Data provided.
####################

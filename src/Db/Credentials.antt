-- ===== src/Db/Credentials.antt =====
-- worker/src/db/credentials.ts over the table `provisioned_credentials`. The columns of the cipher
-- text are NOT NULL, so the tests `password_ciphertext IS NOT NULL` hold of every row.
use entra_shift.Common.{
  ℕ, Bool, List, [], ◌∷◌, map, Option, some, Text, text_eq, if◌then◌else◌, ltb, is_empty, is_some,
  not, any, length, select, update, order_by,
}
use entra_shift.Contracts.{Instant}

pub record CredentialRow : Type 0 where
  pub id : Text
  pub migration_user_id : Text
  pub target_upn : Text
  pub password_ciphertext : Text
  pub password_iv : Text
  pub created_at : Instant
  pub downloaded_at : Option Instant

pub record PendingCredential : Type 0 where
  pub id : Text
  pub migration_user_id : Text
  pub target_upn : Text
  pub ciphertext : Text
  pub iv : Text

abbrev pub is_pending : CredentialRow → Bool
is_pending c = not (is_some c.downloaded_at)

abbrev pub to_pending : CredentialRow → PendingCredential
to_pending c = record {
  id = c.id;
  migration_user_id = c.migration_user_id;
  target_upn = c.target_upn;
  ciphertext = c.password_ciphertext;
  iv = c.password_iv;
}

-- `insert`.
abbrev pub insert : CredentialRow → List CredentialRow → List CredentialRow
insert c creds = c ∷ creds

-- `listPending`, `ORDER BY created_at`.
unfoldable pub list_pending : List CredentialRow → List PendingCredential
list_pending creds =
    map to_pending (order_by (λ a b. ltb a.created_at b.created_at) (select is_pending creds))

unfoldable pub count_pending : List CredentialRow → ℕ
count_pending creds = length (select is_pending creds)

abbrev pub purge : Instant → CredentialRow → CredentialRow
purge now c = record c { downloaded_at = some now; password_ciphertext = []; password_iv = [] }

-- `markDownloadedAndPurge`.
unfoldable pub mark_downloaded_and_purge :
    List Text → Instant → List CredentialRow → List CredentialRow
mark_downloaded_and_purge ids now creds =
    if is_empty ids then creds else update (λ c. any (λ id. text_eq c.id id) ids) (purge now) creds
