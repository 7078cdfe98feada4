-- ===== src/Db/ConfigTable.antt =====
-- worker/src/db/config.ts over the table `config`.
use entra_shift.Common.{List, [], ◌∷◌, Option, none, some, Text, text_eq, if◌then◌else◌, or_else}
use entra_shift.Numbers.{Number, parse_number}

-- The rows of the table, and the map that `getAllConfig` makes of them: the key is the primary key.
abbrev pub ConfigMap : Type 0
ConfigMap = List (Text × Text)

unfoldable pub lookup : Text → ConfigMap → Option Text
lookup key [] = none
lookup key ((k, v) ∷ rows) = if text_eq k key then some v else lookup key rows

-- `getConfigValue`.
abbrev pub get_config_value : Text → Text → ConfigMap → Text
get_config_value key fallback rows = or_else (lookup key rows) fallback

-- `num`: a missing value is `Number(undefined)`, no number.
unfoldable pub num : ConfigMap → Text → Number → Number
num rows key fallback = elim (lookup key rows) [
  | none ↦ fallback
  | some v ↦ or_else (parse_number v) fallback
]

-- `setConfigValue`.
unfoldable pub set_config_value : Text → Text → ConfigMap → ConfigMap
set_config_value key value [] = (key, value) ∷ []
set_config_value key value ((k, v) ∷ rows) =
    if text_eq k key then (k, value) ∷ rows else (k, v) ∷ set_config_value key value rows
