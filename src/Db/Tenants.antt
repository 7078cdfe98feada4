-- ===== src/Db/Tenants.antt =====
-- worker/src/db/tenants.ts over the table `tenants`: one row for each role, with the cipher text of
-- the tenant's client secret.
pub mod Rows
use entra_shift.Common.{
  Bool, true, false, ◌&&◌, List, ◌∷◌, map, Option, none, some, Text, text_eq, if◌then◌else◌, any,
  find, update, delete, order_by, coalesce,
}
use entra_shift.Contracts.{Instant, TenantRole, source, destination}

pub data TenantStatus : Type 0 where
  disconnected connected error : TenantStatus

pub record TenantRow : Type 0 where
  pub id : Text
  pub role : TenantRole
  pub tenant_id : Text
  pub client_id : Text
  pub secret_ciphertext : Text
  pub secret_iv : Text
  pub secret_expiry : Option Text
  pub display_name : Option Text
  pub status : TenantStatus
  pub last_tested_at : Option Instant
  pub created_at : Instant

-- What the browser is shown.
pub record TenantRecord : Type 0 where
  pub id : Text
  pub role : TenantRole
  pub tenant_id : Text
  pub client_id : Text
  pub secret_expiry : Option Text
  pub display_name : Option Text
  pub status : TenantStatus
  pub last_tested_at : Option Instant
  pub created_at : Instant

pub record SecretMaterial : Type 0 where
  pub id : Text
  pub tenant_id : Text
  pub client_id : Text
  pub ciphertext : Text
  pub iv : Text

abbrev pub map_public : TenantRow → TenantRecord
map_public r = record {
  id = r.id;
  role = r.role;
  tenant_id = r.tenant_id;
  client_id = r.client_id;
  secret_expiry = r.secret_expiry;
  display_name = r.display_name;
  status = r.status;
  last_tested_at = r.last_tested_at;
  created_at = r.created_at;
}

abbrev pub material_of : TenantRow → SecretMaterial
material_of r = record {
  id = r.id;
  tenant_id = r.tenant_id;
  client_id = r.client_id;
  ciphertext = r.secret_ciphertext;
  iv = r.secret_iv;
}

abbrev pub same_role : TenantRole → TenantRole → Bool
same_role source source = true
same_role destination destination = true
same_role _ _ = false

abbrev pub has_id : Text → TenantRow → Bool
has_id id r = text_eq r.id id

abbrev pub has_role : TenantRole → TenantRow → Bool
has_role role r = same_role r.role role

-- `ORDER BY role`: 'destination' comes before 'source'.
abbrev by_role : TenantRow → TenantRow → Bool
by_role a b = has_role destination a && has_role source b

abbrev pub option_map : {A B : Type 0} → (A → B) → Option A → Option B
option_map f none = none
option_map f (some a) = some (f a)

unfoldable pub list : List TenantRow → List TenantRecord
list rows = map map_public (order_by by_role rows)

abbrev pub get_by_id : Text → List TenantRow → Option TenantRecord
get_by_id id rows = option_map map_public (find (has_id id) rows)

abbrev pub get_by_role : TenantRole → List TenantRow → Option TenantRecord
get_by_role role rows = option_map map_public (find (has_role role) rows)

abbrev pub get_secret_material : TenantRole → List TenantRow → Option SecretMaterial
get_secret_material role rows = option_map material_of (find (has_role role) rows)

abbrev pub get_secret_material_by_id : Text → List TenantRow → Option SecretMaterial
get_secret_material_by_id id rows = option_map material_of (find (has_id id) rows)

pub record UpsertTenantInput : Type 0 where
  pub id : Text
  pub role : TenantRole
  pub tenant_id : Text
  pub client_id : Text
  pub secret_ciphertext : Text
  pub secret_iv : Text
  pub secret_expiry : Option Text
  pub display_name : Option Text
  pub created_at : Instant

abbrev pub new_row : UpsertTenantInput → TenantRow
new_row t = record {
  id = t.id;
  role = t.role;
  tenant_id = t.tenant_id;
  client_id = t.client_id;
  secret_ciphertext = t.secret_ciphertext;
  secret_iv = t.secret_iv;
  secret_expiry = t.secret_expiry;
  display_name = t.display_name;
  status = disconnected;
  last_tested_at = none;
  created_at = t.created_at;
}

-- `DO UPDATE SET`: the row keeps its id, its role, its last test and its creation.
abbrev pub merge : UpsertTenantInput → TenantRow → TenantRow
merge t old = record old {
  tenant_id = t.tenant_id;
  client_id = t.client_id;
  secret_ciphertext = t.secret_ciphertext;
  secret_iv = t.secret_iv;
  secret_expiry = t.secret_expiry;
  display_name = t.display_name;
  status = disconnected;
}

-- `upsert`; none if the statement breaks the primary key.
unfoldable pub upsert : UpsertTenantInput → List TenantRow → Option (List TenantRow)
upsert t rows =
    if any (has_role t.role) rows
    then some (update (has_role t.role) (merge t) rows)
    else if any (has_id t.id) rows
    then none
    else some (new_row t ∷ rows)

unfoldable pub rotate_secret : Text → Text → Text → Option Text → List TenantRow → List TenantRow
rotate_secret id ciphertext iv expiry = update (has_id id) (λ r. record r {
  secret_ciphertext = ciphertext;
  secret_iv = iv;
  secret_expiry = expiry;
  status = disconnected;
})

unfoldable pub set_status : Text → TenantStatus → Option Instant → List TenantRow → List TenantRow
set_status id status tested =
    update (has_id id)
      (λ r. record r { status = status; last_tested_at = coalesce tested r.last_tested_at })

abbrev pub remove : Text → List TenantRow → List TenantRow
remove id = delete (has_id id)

####################

What you will do. Copy out the lines above word for word, stopping after the line containing "-- worker/src/db/credentials.ts over".

Completed task.
filename src/Db/Credentials.antt
-- ===== src/Db/Credentials.antt =====
-- worker/src/db/credentials.ts over the table `provisioned_credentials`. The columns of the cipher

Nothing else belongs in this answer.